Final
- Champion: Maria Bueno
- Runner-up: Carole Graebner
- Score: 6–1, 6–0

Details
- Seeds: 8

Events
| Singles | men | women |
| Doubles | men | women |
- ← 1963 · U.S. National Championships · 1965 →

= 1964 U.S. National Championships – Women's singles =

First-seeded Maria Bueno defeated Carole Graebner 6–1, 6–0 in the final to win the women's singles tennis title at the 1964 U.S. National Championships.
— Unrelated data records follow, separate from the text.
-- ===== src/Deadlines/Delivery.antt =====
-- Delivery ids, and reports against a deadline that has been replaced.
use ddd_kit_ts.Base.{
  ℕ, ◌+◌, ◌<◌, ◌≡◌, ◌≢◌, inl, inr, refl, sym, ap, ◌∙◌, Option, none, some, Bool, [], ◌∷◌, arith,
  Option-cases, Bool-cases, ok,
}
use ddd_kit_ts.Base.Decimal.{decimal, decimal-inj}
use ddd_kit_ts.Base.JsMap
use ddd_kit_ts.Base.JsMap.{JsMap}
use ddd_kit_ts.Base.JsMap.Laws.{get-set_cases, set-IsMap}
use ddd_kit_ts.Base.JsString.{JsString, JsString-discrete}
use ddd_kit_ts.Deadlines.{
  StoredDeadline, InMemoryDeadlineStore, address, delivery_id_of, schedule_room, schedule,
  find_delivery, deliver_pending, mark_delivered, mark_failed_at, mark_failed,
}
use ddd_kit_ts.Deadlines.Invariant.{IsValid, find_delivery-none}

-- Two sequence numbers with one delivery id are the same.
delivery_id_of-inj : (m n : ℕ) → delivery_id_of m ≡ delivery_id_of n → m ≡ n
unfolding delivery_id_of
delivery_id_of-inj m n e = let e' : decimal m ≡ decimal n = cc in decimal-inj m n e'

module _ {P : Type 0} where
  -- Pending records with the same delivery id are one record.
  pub same_delivery :
      (s : InMemoryDeadlineStore P) (k k' : JsString) (d d' : StoredDeadline P)
      → IsValid s
      → JsMap.get JsString-discrete k s.pending ≡ some d
      → JsMap.get JsString-discrete k' s.pending ≡ some d'
      → d.delivery_id ≡ d'.delivery_id
      → k ≡ k'
  same_delivery s k k' d d' v at at' same =
      let a : d.delivery_id ≡ delivery_id_of d.sequence = (v.known k d at).own_id in
      let b : d'.delivery_id ≡ delivery_id_of d'.sequence = (v.known k' d' at').own_id in
      v.distinct k k' d d' at at' (delivery_id_of-inj d.sequence d'.sequence (sym a ∙ same ∙ b))

  -- What `schedule` writes.
  abbrev pub incarnation :
      InMemoryDeadlineStore P → (scope key : JsString) → (due_at : ℕ) → P → StoredDeadline P
  incarnation s scope key due_at payload = record {
    delivery_id = delivery_id_of s.next_sequence;
    scope = scope;
    key = key;
    due_at = due_at;
    payload = payload;
    attempts = 0;
    sequence = s.next_sequence;
    last_error = none;
  }

  -- The state after a call to `schedule` that succeeds.
  pub schedule_ok :
      (cloneable : P → Bool) (s s' : InMemoryDeadlineStore P) (scope key : JsString) (due_at : ℕ)
      (payload : P)
      → schedule cloneable s scope key due_at payload ≡ (ok tt, s')
      → s' ≡ record s {
        next_sequence = s.next_sequence + 1;
        pending =
            JsMap.set JsString-discrete
              (address scope key)
              (incarnation s scope key due_at payload)
              s.pending;
      }
  unfolding schedule
  schedule_ok cloneable s s' scope key due_at payload h =
      elim (Option-cases (schedule_room s (address scope key))) [
        | inr (full, refused) ↦ absurd (ground arith)
        | inl room ↦ elim (Bool-cases (cloneable payload)) [
          | inr lost ↦ absurd (ground arith)
          | inl copied ↦ ground arith
        ]
      ]

  -- After a deadline has been replaced no pending record has its delivery id.
  replaced_is_gone :
      (s : InMemoryDeadlineStore P) (scope key : JsString) (due_at : ℕ) (payload : P)
      (d : StoredDeadline P)
      → IsValid s
      → JsMap.get JsString-discrete (address scope key) s.pending ≡ some d
      → find_delivery d.delivery_id (
          JsMap.set JsString-discrete
            (address scope key)
            (incarnation s scope key due_at payload)
            s.pending)
        ≡ none
  replaced_is_gone s scope key due_at payload d v at =
      find_delivery-none d.delivery_id _
        (set-IsMap JsString-discrete (address scope key) (incarnation s scope key due_at payload)
          s.pending v.pending_map)
        other
    where
      new : StoredDeadline P
      new = incarnation s scope key due_at payload

      other :
          (k : JsString) (e : StoredDeadline P)
          → JsMap.get JsString-discrete k (
              JsMap.set JsString-discrete
                (address scope key)
                (incarnation s scope key due_at payload)
                s.pending)
            ≡ some e
          → e.delivery_id ≢ d.delivery_id
      other k e at' same =
          elim (get-set_cases JsString-discrete (address scope key) k
            (incarnation s scope key due_at payload) e s.pending at') [
              | inr (ne, before) ↦
                  ne (same_delivery s (address scope key) k d e v at before (sym same))
              | inl (here, written) ↦
                  let id : delivery_id_of s.next_sequence ≡ delivery_id_of d.sequence =
                    ap (λ x. x.delivery_id) written
                    ∙ same
                    ∙ (v.known (address scope key) d at).own_id in
                  let number : s.next_sequence ≡ d.sequence =
                    delivery_id_of-inj s.next_sequence d.sequence id in
                  let old : d.sequence < s.next_sequence =
                    (v.known (address scope key) d at).given_out in
                  absurd (omega (arith, number, old))
            ]

  -- Scheduling an address again makes the delivery that is on its way harmless: a failure report or
  -- an acknowledgement of the old delivery id leaves the pending records as they are, so the
  -- successor loses no attempt and is not taken for delivered.
  pub replaced_delivery_is_inert :
      (cloneable : P → Bool) (s s' : InMemoryDeadlineStore P) (scope key : JsString) (due_at : ℕ)
      (payload : P) (d : StoredDeadline P) (error : Option JsString)
      → IsValid s
      → JsMap.get JsString-discrete (address scope key) s.pending ≡ some d
      → schedule cloneable s scope key due_at payload ≡ (ok tt, s')
      → (mark_failed s' d.delivery_id error ≡ (none, s'))
        × ((mark_delivered s' (d.delivery_id ∷ [])).pending ≡ s'.pending)
  unfolding mark_failed mark_failed_at mark_delivered deliver_pending
  replaced_delivery_is_inert cloneable s s' scope key due_at payload d error v at h =
      let eq : s'.pending
          ≡ JsMap.set JsString-discrete (address scope key) (incarnation s scope key due_at payload)
              s.pending =
        ap (λ x. x.pending) (schedule_ok cloneable s s' scope key due_at payload h) in
      let gone : find_delivery d.delivery_id s'.pending ≡ none =
        ap (find_delivery d.delivery_id) eq ∙ replaced_is_gone s scope key due_at payload d v at in
      (rw (gone, mark_failed, mark_failed_at) refl, rw (gone, deliver_pending) refl)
Bueno won the tournament without losing a set. Graebner refused to default even though she had second degree burns from a severe sunburn.

It took Bueno only 25 minutes to win the final, though her own recollection was 19 minutes.

==Seeds==
The seeded players are listed below. Maria Bueno is the champion; others show in brackets the round in which they were eliminated.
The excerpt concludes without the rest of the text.